Friday, April 24, 2009

Scientists zero in, but is choice a supernatural concept?

It seems scientists have pinpointed the part of the brain responsible for "self control." The article is a bit dense for the layperson, but ends with this observation:
"Imagine how much better life could be if we knew how to flex the willpower muscles in the brain and strengthen them with exercises," says Camerer.

Of course, this reminded me at once of a great article on Free Will in the New York times. Michael Silberstein, a science philosopher at Elizabethtown College in Pennsylvania is quoted:
...every physical system that has been investigated has turned out to be either deterministic or random. "Both are bad news for free will," he said. So if human actions can't be caused and aren't random, he said, "It must be — what — some weird magical power?"
The article immediately proceeds to investigate the various physicalist interpretations of what choice must then be. None of this is "wrong" in the sense that wherever they end up, those processes ARE happening.

But with these advances, ironically, an entirely parallel question seems ever more pressing: is our experience of choice - our insistence that we do have freewill - an experience of something outside the physical? Is choice a supernatural concept?

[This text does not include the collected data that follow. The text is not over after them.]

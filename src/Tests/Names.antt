-- ===== src/Tests/Names.antt =====
-- A strong and a weak symbol of an object.
use liblink.Base.{ℕ, ◌+◌, ◌*◌, ◌%◌, ◌^◌, ◌≡◌, ◌≢◌, refl, List, [], ◌∷◌, arith, ok, exit_failure}
use liblink.Memory.{Memory, store64}
use liblink.Types.{ElfSymbol, SymbolStore}
use liblink.BinaryTree.{null, binary_tree_lookup}
use liblink.Hash.{hash}
use liblink.Linker.{lookup_symbol_}
use liblink.Got.{fill_symbol}
use liblink.Elf.Symbols.{
  Named, name_symbol, is_global, is_weak, is_defined, is_in_special_section, is_regular_type,
  is_section_symbol,
}
use liblink.Elf.Symbols.Defined.{name_symbol-strong, name_symbol-weak}
use liblink.Tests.Data.{no_sym, text}

abbrev nowhere : List ℕ → ℕ
nowhere name = 0

-- A function at 0x40 of section 0x1, whose binding is global or weak.
abbrev function : ℕ → ElfSymbol
function bind = record {
  name = b'f' ∷ [];
  addr = 0;
  hash = hash (b'f' ∷ []);
  got_addr = 0;
  elf_sym = record no_sym { st_info = 16 * bind + 2; st_shndx = 1; st_value = 0x40 };
}

abbrev start : ℕ → Named
start bind = record {
  linker = record { gsyms = null; objects = [] };
  symbols = λ p. function bind;
  names = [];
}

name_symbol-strong_example :
    (st' : Named) × (name_symbol nowhere 64 (text ∷ text ∷ []) 7 (start 1) ≡ ok st')
    × (lookup_symbol_ nowhere st'.linker st'.symbols (b'f' ∷ []) ≡ (0x10000 + 0x40) % 2 ^ 64)
    × ((name : List ℕ)
        → hash name ≢ hash (b'f' ∷ [])
        → lookup_symbol_ nowhere st'.linker st'.symbols name
          ≡ lookup_symbol_ nowhere (start 1).linker (start 1).symbols name)
    × ((q : ℕ) → q ≢ 7 → st'.symbols q ≡ function 1)
    × (st'.names ≡ (b'f' ∷ []) ∷ [])
unfolding is_global is_defined is_in_special_section is_regular_type binary_tree_lookup
name_symbol-strong_example =
    name_symbol-strong nowhere 64 (text ∷ text ∷ []) 7 (start 1) text refl refl refl refl refl
      (λ e. absurd (omega (arith, e))) refl refl (λ h s found. absurd (cc))

name_symbol-weak_example :
    (st' : Named) × (name_symbol nowhere 64 (text ∷ text ∷ []) 7 (start 2) ≡ ok st')
    × (st'.linker ≡ (start 2).linker)
    × (st'.names ≡ [])
    × ((st'.symbols 7).addr ≡ 0)
    × ((slot : ℕ) (syms : SymbolStore) (m : Memory)
        → syms 7 ≡ record (st'.symbols 7) { got_addr = slot }
        → (fill_symbol nowhere store64 st'.linker syms 7 m).status ≡ exit_failure)
unfolding is_weak is_section_symbol binary_tree_lookup
name_symbol-weak_example =
    name_symbol-weak nowhere 64 (text ∷ text ∷ []) 7 (start 2) store64 refl refl
      (λ e. absurd (omega (arith, e))) refl refl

Think of just two common aphorisms we generally accept without controversy:
1. "No one makes you do anything" - in other words, you ARE able to overcome the environment, the sum total of inputs into your brain. You are not deterministic. Cause and effect stops when you decide to act. Human actions are not "caused."
2. "Judge someone by the content of their character, not by the color of their skin" - in other words, physical factors such as biology and genetics are irrelevant compared to the sum total of the choices we make, by our "character." This supposes that our choices, our "character" is not the inexorable result of biology, physics, environment. Neither is it random. We are each responsible for it, and to be judged by it, by the character WE develop in ourselves.

Consider the time in which we live, the pervasive language of President Obama; "Change will not come if we wait for some other person or some other time." WE are the cause (if we so choose), not the effect. Something similar can be found at the heart of just about every political cause right and left.

Even scientists, hardly known for advocating the spiritual, constantly admonish us to change our attitudes, on everything from the environment to our economic habits. Termites and bees? They're just doing what they do. Invasive species? They spread because they are hardwired to do so. It's pointless to blame them. But not us. WE have a choice, we must act now, we can choose to stop emitting greenhouse gases, to stop our expansion and development into pristine areas, to limit our use of natural resources. All those physical forces that shaped the universe, the Sun, planet Earth, and countless species, they all seem to stop when it comes to us. With us, it's neither nature nor nurture any more. We have a choice. We can be held responsible.

So, are these avowed secularists claiming that if you get enough atoms together in the right combination (i.e. our brain) that these atoms can suddenly disregard cause and effect, or random quantum probabilities, and all the other physical laws that dictates what all the other species do, what all the other atoms in the universe do? I doubt it. So then, what is it?

And even if we accept that our thoughts and choices are constrained by physical laws and the environment around us, if we hold ANY belief that our choices are neither deterministic, nor random then again we have to ask what are they - some "weird magical power?"

And if WE have this experience, why would it only exist in us?